Texte intégral (785 mots)

Le 16 août 1907, naissance de Georgette Kokoczinski, dite « Mimosa » à Paris. Militante anarchiste française, volontaire antifasciste sur le front d'Aragon dans le Groupe International de la Colonne Durruti qui combat devant Saragosse.
Le bonheur ! Vous ne savez pas comme je l'ai cherché, je m'en souviens à peine moi-même ; dans les livres graves, dans les lits douteux, dans la simplicité des choses...
(Journal de son engagement en Espagne, retrouvé après sa mort et recopié par Fortin, aujourd'hui conservé à l'IISG d'Amsterdam).

Née Brivadis (du nom de sa mère, Léontine Brivadis ) puis devenue Ango (après la reconnaissance par son père, Robert Ango) à 16 ans, elle quitte le domicile familial et est accueillie dans le foyer d'André Colomer et sa compagne Magdalena qui lui fait découvrir les idées libertaires. À partir de 1925, elle vit en union libre avec le compagnon Fernand Fortin, et milite au groupe « Education Sociale » que celui-ci avait créé à Loches en Touraine où elle commence à intervenir dans les meetings. De retour à Paris en 1928, elle intègre un groupe théâtral où, sous le nom de scène de « Mimosa », elle se produit lors de rencontres ou de fêtes libertaires. Elle collabore également à la « Revue Anarchiste » (créée par Fortin), qu'elle vend après ses récitals. Poursuivant parallèlement des études, elle obtient un diplôme d'infirmière. Le 7 novembre 1931, elle se marie à Colombe (Seine) avec le journaliste socialiste Miecsejslaw Kokoczynski (1910-2003).

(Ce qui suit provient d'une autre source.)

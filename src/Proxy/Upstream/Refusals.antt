-- ===== src/Proxy/Upstream/Refusals.antt =====
-- When the selection takes no upstream.
use mathlib.Core.Bool.{false≢true}
use mathlib.Core.Path.{subst}
use native.Mathlib.Decide.{dec_lt}
use go_mini_gateway.Common.{
  ℕ, ◌+◌, ◌≤◌, ◌<◌, ◌≡◌, ◌↔◌, refl, sym, ◌∙◌, Time, false, Option, none, some, List, arith, length,
  All, lt_of_get_elem?,
}
use go_mini_gateway.Proxy.Upstream.{Upstream, Handler, try_acquire, u64, select_upstream}
use go_mini_gateway.Proxy.Upstream.Acquire.{IsValid}
use go_mini_gateway.Proxy.Upstream.Rounds.{
  round_of, round_of-lt, index_of-round_of, round_of-index_of,
}
use go_mini_gateway.Proxy.Upstream.Select.{
  Refuses, Outcome, select_from-Outcome, select_upstream_empty, select_upstream_lem,
}

none_iff :
    (clock : ℕ → Time) (start : ℕ) (us : List Upstream)
    → start + length us ≤ u64
    → (r : List Upstream × Option ℕ) → Outcome clock start us 0 (length us) r
    → (r.1 ≡ none) ↔ ((j : ℕ) → j < length us → Refuses us j (clock (round_of start (length us) j)))
none_iff clock start us fits (us', none) (same, all) = (λ _ j l. turn j l, λ _. refl)
  where
    turn : (j : ℕ) → j < length us → Refuses us j (clock (round_of start (length us) j))
    turn j l =
        let k = round_of start (length us) j in
        let short = round_of-lt start (length us) j (omega arith) in
        subst (λ n. Refuses us n (clock k)) (index_of-round_of start (length us) j fits l)
          (all k (omega arith) (omega arith))
none_iff clock start us fits (us', some j) (k, u, l, m, a) =
    (λ e. cc, λ all. absurd (false≢true (sym (all_refused all) ∙ a.accepted)))
  where
    back : round_of start (length us) j ≡ k
    back =
        subst (λ n. round_of start (length us) n ≡ k) a.index
          (round_of-index_of start (length us) k fits (omega arith))

    all_refused :
        ((i : ℕ) → i < length us → Refuses us i (clock (round_of start (length us) i)))
        → (try_acquire u (clock k)).1 ≡ false
    all_refused all =
        subst (λ n. (try_acquire u (clock n)).1 ≡ false) back
          (all j (lt_of_get_elem? us j a.found) u a.found)

-- Without a wrap of the counter, the selection takes none exactly when every upstream refuses in the
-- round in which its turn comes.
select_upstream-none_iff :
    (h : Handler) (clock : ℕ → Time)
    → All IsValid h.upstreams
    → h.next_index + length h.upstreams ≤ u64
    → ((select_upstream h clock).1 ≡ none) ↔ (
        (j : ℕ)
        → j < length h.upstreams
        → Refuses h.upstreams j (clock (round_of h.next_index (length h.upstreams) j)))
select_upstream-none_iff h clock v fits = elim (dec_lt 0 (length h.upstreams)) [
  | yes pos ↦ rw (select_upstream_lem h clock pos (omega arith)) (
      none_iff clock h.next_index h.upstreams fits _
        (select_from-Outcome clock h.next_index h.upstreams (length h.upstreams) 0 pos v))
  | no empty ↦
      rw (select_upstream_empty h clock (omega arith)) (λ _ j l. absurd (omega arith), λ _. refl)
]
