-- ===== src/RateLimit.antt =====
-- The package internal/ratelimit: a token bucket that a goroutine refills at each tick of a ticker.
mod Examples
pub mod TokenBucket
pub mod Middleware
pub mod Flow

Après l'éclatement de la révolution espagnole en juillet 1936, elle part à la mi-septembre en Espagne, et s'engage dans le Groupe International de la Colonne Durruti qui combat devant Saragosse. La participation massive des femmes à la révolution, aux épisodes insurrectionnels comme aux opérations militaires, est un des aspects les plus forts de la révolution espagnole. Toutefois la reconnaissance du droit des femmes à combattre n'est pas simple, et fait l'objet de pressions et de luttes [1]. En outre, les hommes jouent du fait qu'ils ont plus souvent reçu une instruction militaire pour se réserver ce domaine. Mimosa emploie alors ses connaissances médicales à l'infirmerie aux côtés d'autres militantes comme Augusta Marx et Madeleine Gierth (de nationalité allemande). C'est là, à Perdiguera (Aragon), qu'elles trouveront toutes trois la mort, le 16 octobre 1936, massacrées par les franquistes lors d'une contre-offensive.
[1] Le droit de porter les armes pour les femmes sera par exemple contesté lors de la phase de contre-révolution stalinienne, revenant sur les conquêtes des Mujeres Libres.